JP Morgan Comments On Signet Jewelers Following Management Meetings
April 04, 2011 7:46 AM
JP Morgan recently hosted several investor meetings in NYC with Signet Jewelers (NYSE: SIG) CEO, Mike Barnes, CFO, Ron Ristau and IR Tim Jackson and came away very upbeat on how management plans to evolve the company longer-term. Exclusive brands now make up ~25% of the business, while total brand penetration is now > 50%. A rapidly growing bridal business is bringing in steady traffic from a younger demographic, and the overarching theme is that this is no longer a highly commoditized, older generation focused business model.
The business is evolving, and we believe is well positioned to continue taking share in what is now a highly rationalized playing field. The key topics that seem to be on investors' minds are what are the plans on capital re-deployment, what is happening with SG&A growth, how will cost inflation impact the P&L this year and where can margins go over time.

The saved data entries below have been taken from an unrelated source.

-- ===== src/Raft/Standing.antt =====
-- The claim to office of a node of src/raft/raft.cc: a candidate or leader has voted for itself,
-- its votes are distinct peers, and each of them but its own comes from a granted vote; a leader
-- has a majority of them.
pub mod Steps
use mini_lsm.Prelude.{
  ℕ, suc, ◌/◌, ◌<◌, ◌+◌, ◌≤◌, ◌≡◌, ◌≢◌, refl, sym, ap, subst, ◌∙◌, ◌⊎◌, inl, inr, Bool, true, false,
  List, [], ◌∷◌, ◌++◌, arith, Bool-cases, All, All-append, All-imp, ltb, leb, ◌==◌, if◌then◌else◌,
  eq_of_beq, beq_of_ne, beq_self, length, length-append, u64, reached,
}
use mini_lsm.Raft.Messages.{
  NodeId, Term, Message, MessageType, request_vote, request_vote_resp, append_entries,
  append_entries_resp,
}
use mini_lsm.Raft.State.{Raft, Config, Role, follower, candidate, leader, quorum_size, send}
use mini_lsm.Raft.Leader.{become_leader, handle_append_entries_resp, broadcast_append_entries}
use mini_lsm.Raft.Follower.{
  handle_request_vote, handle_append_entries, become_follower, become_candidate, stand,
  request_votes, can_vote,
}
use mini_lsm.Raft.Core.{
  tick, tick_as, tick_election, tick_heartbeat, step, step_as, step_follower, step_candidate,
  step_leader, has_vote, record_vote, with_vote, count_vote, reject_stale, leader_of, propose,
}
use mini_lsm.Raft.Frames.{broadcast_to-eq, request_votes-eq}
use mini_lsm.Raft.Ballot.{
  Ballot, ballot, become_leader-ballot, handle_append_entries-ballot,
  handle_append_entries_resp-ballot,
}
use mini_lsm.Raft.Outbox.{OnGrant}

-- No name twice.
abbrev pub Unique : List NodeId → Type 0
Unique [] = Unit
Unique (v ∷ vs) = (has_vote v vs ≡ false) × Unique vs

-- `voter v t` is the evidence that `v` has voted for this node in term `t`.
module _ (voter : NodeId → Term → Type 0) where
  abbrev pub IsElectorate : Config → Term → List NodeId → Type 0
  IsElectorate k t vs =
      All (λ v. (has_vote v k.peers ≡ true) × ((v ≡ k.id) ⊎ voter v t)) vs × Unique vs

  abbrev pub Standing : Config → Role → Term → NodeId → List NodeId → Type 0
  Standing k follower t vote vs = Unit
  Standing k candidate t vote vs = (vote ≡ k.id) × IsElectorate k t vs
  Standing k leader t vote vs =
      (vote ≡ k.id) × IsElectorate k t vs × (length k.peers / 2 + 1 ≤ length vs)

  abbrev pub Claims : Ballot → Type 0
  Claims b = Standing b.config b.role b.current_term b.voted_for b.votes_granted

  abbrev pub IsStanding : Raft → Type 0
  IsStanding r = Claims (ballot r)

IsElectorate-imp :
    (v w : NodeId → Term → Type 0) (k : Config) (t : Term) (vs : List NodeId)
    → ((n : NodeId) → v n t → w n t)
    → IsElectorate v k t vs
    → IsElectorate w k t vs
IsElectorate-imp v w k t vs f h =
    (All-imp _ _ vs (λ n p. (p.0, elim p.1 [ inl e ↦ inl e | inr q ↦ inr (f n q) ])) h.0, h.1)

-- More evidence keeps a claim.
pub Standing-imp :
    (v w : NodeId → Term → Type 0) (k : Config) (role : Role) (t : Term) (vote : NodeId)
    (vs : List NodeId)
    → ((n : NodeId) → v n t → w n t)
    → Standing v k role t vote vs
    → Standing w k role t vote vs
Standing-imp v w k follower t vote vs f h = tt
Standing-imp v w k candidate t vote vs f h = (h.0, IsElectorate-imp v w k t vs f h.1)
Standing-imp v w k leader t vote vs f h = (h.0, IsElectorate-imp v w k t vs f h.1, h.2)

pub has_vote-append :
    (v : NodeId) (xs ys : List NodeId)
    → has_vote v (xs ++ ys) ≡ (if has_vote v xs then true else has_vote v ys)
unfolding has_vote
has_vote-append v [] ys = refl
has_vote-append v (x ∷ xs) ys = ground (arith, has_vote-append v xs ys)

has_vote-append_one :
    (x v : NodeId) (vs : List NodeId)
    → has_vote x vs ≡ false
    → (x == v) ≡ false
    → has_vote x (vs ++ v ∷ []) ≡ false
unfolding has_vote
has_vote-append_one x v vs h e = ground (arith, has_vote-append x vs (v ∷ []))

Unique-append :
    (vs : List NodeId) (v : NodeId) → has_vote v vs ≡ false → Unique vs → Unique (vs ++ v ∷ [])
unfolding has_vote
Unique-append [] v h u = (refl, tt)
Unique-append (x ∷ xs) v h u =
    (has_vote-append_one x v xs u.0 (ground arith), Unique-append xs v (ground arith) u.1)

module _ (voter : NodeId → Term → Type 0) where
  pub handle_append_entries-IsStanding :
      (m : Message) (r : Raft) → IsStanding voter r → IsStanding voter (handle_append_entries m r)
  handle_append_entries-IsStanding m r =
      subst (Claims voter) (sym (handle_append_entries-ballot m r))

  pub become_leader-IsStanding :
      (r : Raft)
      → Standing voter r.config leader r.current_term r.voted_for r.votes_granted
      → IsStanding voter (become_leader r)
  become_leader-IsStanding r = subst (Claims voter) (sym (become_leader-ballot r))

  with_vote-IsElectorate :
      (v : NodeId) (r : Raft)
      → has_vote v r.config.peers ≡ true
      → voter v r.current_term
      → IsElectorate voter r.config r.current_term r.votes_granted
      → IsElectorate voter r.config r.current_term (with_vote v r.votes_granted)
  unfolding with_vote
  with_vote-IsElectorate v r known ev h = elim (Bool-cases (has_vote v r.votes_granted)) [
    | inl old ↦ rw old h
    | inr new ↦ rw new (
      All-append _ r.votes_granted (v ∷ []) h.0 ((known, inr ev), tt),
      Unique-append r.votes_granted v new h.1,
    )
  ]

  -- A granted vote of this term, from a peer, keeps the claim of a candidate, and makes it a leader
  -- only with a majority.
  pub count_vote-IsStanding :
      (m : Message) (r : Raft)
      → has_vote m.from r.config.peers ≡ true
      → voter m.from r.current_term
      → r.role ≡ candidate
      → Standing voter r.config candidate r.current_term r.voted_for r.votes_granted
      → IsStanding voter (count_vote m r)
  unfolding count_vote quorum_size record_vote
  count_vote-IsStanding m r known ev e h =
      let c = record_vote m.from r in
      let more = with_vote-IsElectorate m.from r known ev h.1 in
      elim (Bool-cases (leb (quorum_size c) (length c.votes_granted))) [
        | inl won ↦ rw won (become_leader-IsStanding c (h.0, more, ground arith))
        | inr lost ↦ rw (lost, e) (h.0, more)
      ]

  handle_request_vote-vote :
      (m : Message) (r : Raft)
      → r.config.id ≢ 0
      → r.voted_for ≡ r.config.id
      → (handle_request_vote m r).voted_for ≡ r.config.id
  unfolding handle_request_vote can_vote send
  handle_request_vote-vote m r ne e = ground arith

  -- A candidate or leader has voted for itself, and so keeps that vote.
  handle_request_vote-IsStanding :
      (m : Message) (r : Raft) (role : Role)
      → r.config.id ≢ 0
      → Standing voter r.config role r.current_term r.voted_for r.votes_granted
      → Standing voter r.config role r.current_term
          (handle_request_vote m r).voted_for
          r.votes_granted
  handle_request_vote-IsStanding m r follower ne h = tt
  handle_request_vote-IsStanding m r candidate ne h = (handle_request_vote-vote m r ne h.0, h.1)
  handle_request_vote-IsStanding m r leader ne h = (handle_request_vote-vote m r ne h.0, h.1, h.2)

  handle_request_vote-rest :
      (m : Message) (r : Raft)
      → ((handle_request_vote m r).config ≡ r.config)
        × ((handle_request_vote m r).role ≡ r.role)
        × ((handle_request_vote m r).current_term ≡ r.current_term)
        × ((handle_request_vote m r).votes_granted ≡ r.votes_granted)
  unfolding handle_request_vote send
  handle_request_vote-rest m r = (ground arith, ground arith, ground arith, ground arith)

  pub request_vote-IsStanding :
      (m : Message) (r : Raft)
      → r.config.id ≢ 0
      → IsStanding voter r
      → IsStanding voter (handle_request_vote m r)
  request_vote-IsStanding m r ne h =
      let same = handle_request_vote-rest m r in
      rw (same.0, same.1, same.2, same.3) (handle_request_vote-IsStanding m r r.role ne h)

  pub handle_append_entries_resp-IsStanding :
      (m : Message) (r : Raft)
      → IsStanding voter r
      → IsStanding voter (handle_append_entries_resp m r)
  handle_append_entries_resp-IsStanding m r =
      subst (Claims voter) (sym (handle_append_entries_resp-ballot m r))

  pub become_follower-IsStanding :
      (t : Term) (l : NodeId) (r : Raft) → IsStanding voter (become_follower t l r)
  unfolding become_follower
  become_follower-IsStanding t l r = tt

  pub reject_stale-IsStanding :
      (t : MessageType) (m : Message) (r : Raft)
      → IsStanding voter r
      → IsStanding voter (reject_stale t m r)
  unfolding reject_stale send
  reject_stale-IsStanding request_vote m r h = h
  reject_stale-IsStanding append_entries m r h = h
  reject_stale-IsStanding _ m r h = h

JP Morgan continues to believe that, backed by its evolving business model SIG represents a very attractive market share story, as they look very well positioned to continue taking share in an up-trending industry for the foreseeable future. Between their scale, in-house credit operations ad balance sheet strength, JP Morgan sees a number of ways that SIG shares can continue to move higher from here. JP Morgan reiterates its OW rating and is raising estimates and its PT to $52 from $50.